Latest revision as of 17:26, 14 June 2023

Multiplication with a factor - Addition Theorem


In this section the  »Fourier Transform Theorems«  are assembled.  These can be used,  for examle,  to derive from already known transformations

$$x( t )\circ\!\!-\!\!\!-\!\!\!-\!\!\bullet\,X( f ),\quad x_1 ( t )\circ\!\!-\!\!\!-\!\!\!-\!\!\bullet\,X_1 ( f ),\quad x_2 ( t )\circ\!\!-\!\!\!-\!\!\!-\!\!\bullet\,X_2 ( f )$$

new functional relationships.  Here we restrict ourselves to real time functions.

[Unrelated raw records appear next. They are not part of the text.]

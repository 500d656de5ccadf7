-- ===== src/Files/Manager/Renamed.antt =====
-- What `Rename` has done when it succeeds.
use mathlib.Core.Logic.{ite}
use mathlib.Core.Path.{subst}
use mdtree.Prelude.{
  ℕ, Bytes, ◌≡◌, ◌≢◌, ◌⊎◌, inl, inr, sym, ap, ◌∙◌, Bool, true, not, ◌&&◌, Option, none, some, arith,
  All,
}
use mdtree.Result.{ok, err}
use mdtree.Text.{CaseTable}
use mdtree.FilePath.{dir, elems, is_abs}
use mdtree.FilePath.Clean.{parts, elems-rooted}
use mdtree.FilePath.Split.{IsElem}
use mdtree.Fs.Node.{enoent, Node, Loc, loc_discrete, Fs, node_at}
use mdtree.Fs.Reads.{IoResult, stat, locate}
use mdtree.Fs.Reads
use mdtree.Fs.Writes.{mkdir_all}
use mdtree.Fs.Writes
use mdtree.Fs.Found.{stat_elems-dir}
use mdtree.Fs.Grown.{IsGrown, grown_more, mkdir_all-Grown}
use mdtree.Fs.More.{stat-More}
use mdtree.Fs.Moved.{rename-Moved}
use mdtree.Files.Op.Inversion.{
  gets-eq-ok, check-eq-ok, require-eq-ok, call-eq-ok, or_not_found-eq-ok,
}
use mdtree.Files.Markdown.{is_markdown}
use mdtree.Files.Resolver.{new_resolver, Resolver, resolve}
use mdtree.Files.Resolver.Confined.{IsConfined, resolve-IsConfined}
use mdtree.Files.Manager.{FileInfo, rename, resolve_path}
use mdtree.Files.Manager.Created.{missed}
use mdtree.Files.Manager.Saved.{info_of-kept}

is_dir-dir : (n : Node) (m : ℕ) → not (Reads.is_dir n) ≡ true → n ≢ Node.dir m
is_dir-dir (Node.dir m') m h = cc
is_dir-dir (Node.file c m') m h = λ q. cc
is_dir-dir (Node.link c m') m h = λ q. cc

-- What was looked at and was no directory is at no directory's location, also after more was made.
no_dir_at :
    (root : Bytes) (fs fs' : Fs) (abs : Bytes) (n : Node) (s : Loc) (m : ℕ)
    → IsConfined (parts root) abs
    → ((k : Loc) → (node_at fs' k ≡ node_at fs k) ⊎ (node_at fs k ≡ none))
    → stat fs abs ≡ ok n
    → not (Reads.is_dir n) ≡ true
    → locate fs' abs ≡ ok s
    → node_at fs' s ≢ some (Node.dir m)
unfolding stat locate
no_dir_at root fs fs' abs n s m k more looked kind at d = is_dir-dir n m kind (
    stat_elems-dir fs' (elems abs) s n m
      (subst (All IsElem) (sym (ap elems k.path ∙ elems-rooted k.names k.plain)) k.plain) at d
      (stat-More fs fs' abs n more looked))

old_node :
    (now : ℕ) (o o' : Option Node) (n : Node)
    → IsGrown now o o'
    → o' ≡ some n
    → o' ≢ some (Node.dir now)
    → o ≡ some n
old_node now o o' n (inl p) q d = sym p ∙ q
old_node now o o' n (inr (p, p')) q d = absurd (d p')

-- What `Rename` found out and did. The directories on the way to the new path may be new.
pub record Renamed (u : CaseTable) (r : Resolver) (from to : Bytes) (fs fs' : Fs) : Type 0 where
  pub abs_from : Bytes
  pub abs_to : Bytes
  pub s : Loc
  pub t : Loc
  pub n : Node
  pub resolved_from : resolve r fs from ≡ ok abs_from
  pub resolved_to : resolve r fs to ≡ ok abs_to
  pub markdown : is_markdown u abs_from && is_markdown u abs_to ≡ true
  pub missing : stat fs abs_to ≡ err enoent
  pub from_at : locate (mkdir_all (dir abs_to) fs).1 abs_from ≡ ok s
  pub to_at : locate (mkdir_all (dir abs_to) fs).1 abs_to ≡ ok t
  pub there : node_at fs s ≡ some n
  pub file : (m : ℕ) → n ≢ Node.dir m
  pub holds : node_at fs' t ≡ some n
  pub gone : (s ≡ t) ⊎ (node_at fs' s ≡ none)
  pub others : (k : Loc) → (k ≡ s) ⊎ ((k ≡ t) ⊎ IsGrown fs.now (node_at fs k) (node_at fs' k))

at_target :
    (t : Loc) (n : Node) (m m' : Option Node) → m' ≡ ite (loc_discrete t t) (some n) m → m' ≡ some n
at_target t n m m' q = ground arith

at_source :
    (s t : Loc) (n : Node) (m m' : Option Node)
    → m' ≡ ite (loc_discrete s t) (some n) (ite (loc_discrete s s) none m)
    → (s ≡ t) ⊎ (m' ≡ none)
at_source s t n m m' q = ground arith

elsewhere :
    (now : ℕ) (k s t : Loc) (n : Node) (o m m' : Option Node)
    → m' ≡ ite (loc_discrete k t) (some n) (ite (loc_discrete k s) none m)
    → IsGrown now o m
    → (k ≡ s) ⊎ ((k ≡ t) ⊎ IsGrown now o m')
elsewhere now k s t n o m m' q g = ground arith

-- Where renaming succeeds, below an absolute root, both paths resolved to markdown names, nothing
-- could be looked at under the new one, the node that stood at the location of the old one, which
-- is no directory, stands at the location of the new one, the old location is empty unless it is
-- the new one, and every other location holds what it held before or a new directory.
pub rename-Renamed :
    (u : CaseTable) (root : Bytes) (follow : Bool) (from to : Bytes) (fs : Fs) (info : FileInfo)
    → is_abs root ≡ true
    → (rename u (new_resolver root follow) from to fs).0 ≡ ok info
    → Renamed u
        (new_resolver root follow)
        from
        to
        fs
        (rename u (new_resolver root follow) from to fs).1
unfolding rename resolve_path
rename-Renamed u root follow from to fs info a q =
    let (abs_from, ra, q₁, e₁) = gets-eq-ok _ _ fs info q in
    let (abs_to, rb, q₂, e₂) = gets-eq-ok _ _ fs info q₁ in
    let (md, q₃, e₃) = require-eq-ok _ _ _ fs info q₂ in
    let (fi, looked, q₄, e₄) = gets-eq-ok _ _ fs info q₃ in
    let (kind, q₅, e₅) = require-eq-ok _ _ _ fs info q₄ in
    let (u₀, free, q₆, e₆) = check-eq-ok _ _ fs info q₅ in
    let (_, w₁, q₇, e₇) = call-eq-ok _ _ fs info q₆ in
    let (_, w₂, q₈, e₈) = call-eq-ok _ _ _ info q₇ in
    let grown = mkdir_all-Grown (dir abs_to) fs in
    let mid : Fs = (mkdir_all (dir abs_to) fs).1 in
    let final : Fs = (Writes.rename abs_from abs_to mid).1 in
    let more = λ (k : Loc). grown_more fs.now (node_at fs k) (node_at mid k) (grown.nodes k) in
    let within = resolve-IsConfined root follow fs from abs_from a ra in
    let no_dir = λ (s : Loc) (m : ℕ) (p : locate mid abs_from ≡ ok s).
      no_dir_at root fs mid abs_from fi s m within more
        (or_not_found-eq-ok (stat fs abs_from) fi looked) kind p in
    let moved = rename-Moved abs_from abs_to mid no_dir w₂ in
    let (s, t, n) : Loc × Loc × Node = (moved.s, moved.t, moved.n) in
    let whole = ap (λ x. x.1) (e₁ ∙ e₂ ∙ e₃ ∙ e₄ ∙ e₅ ∙ e₆ ∙ e₇ ∙ e₈) ∙ info_of-kept abs_to final in
    subst (Renamed u (new_resolver root follow) from to fs) (sym whole) (record {
      abs_from = abs_from;
      abs_to = abs_to;
      s = moved.s;
      t = moved.t;
      n = moved.n;
      resolved_from = ra;
      resolved_to = rb;
      markdown = md;
      missing = missed (stat fs abs_to) u₀ free;
      from_at = moved.from_at;
      to_at = moved.to_at;
      there =
          old_node fs.now (node_at fs s) (node_at mid s) n (grown.nodes s) moved.here
            (no_dir s fs.now moved.from_at);
      file = λ m p. no_dir s m moved.from_at (moved.here ∙ ap some p);
      holds = at_target t n _ (node_at final t) (moved.nodes t);
      gone = at_source s t n (node_at mid s) (node_at final s) (moved.nodes s);
      others = λ k.
          elsewhere fs.now k s t n (node_at fs k) (node_at mid k) (node_at final k) (moved.nodes k)
            (grown.nodes k);
    })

$\text{Theorem:}$  A  $\text{constant factor}$  $k$  affects the time and spectral function in the same way:

$$k \cdot x(t)\ \;\circ\!\!-\!\!\!-\!\!\!-\!\!\bullet\,\ k \cdot X(f).$$


This relation can be used for simplification by omitting the constant  $k$  $($which can be a gain,  an attenuation or a unit factor$)$  and adding it to the result later.
The above sentence follows directly from the definition of the  »first Fourier integral«,  as well as from the  »addition theorem«,  which formulates the foundation of the  »superposition principle«.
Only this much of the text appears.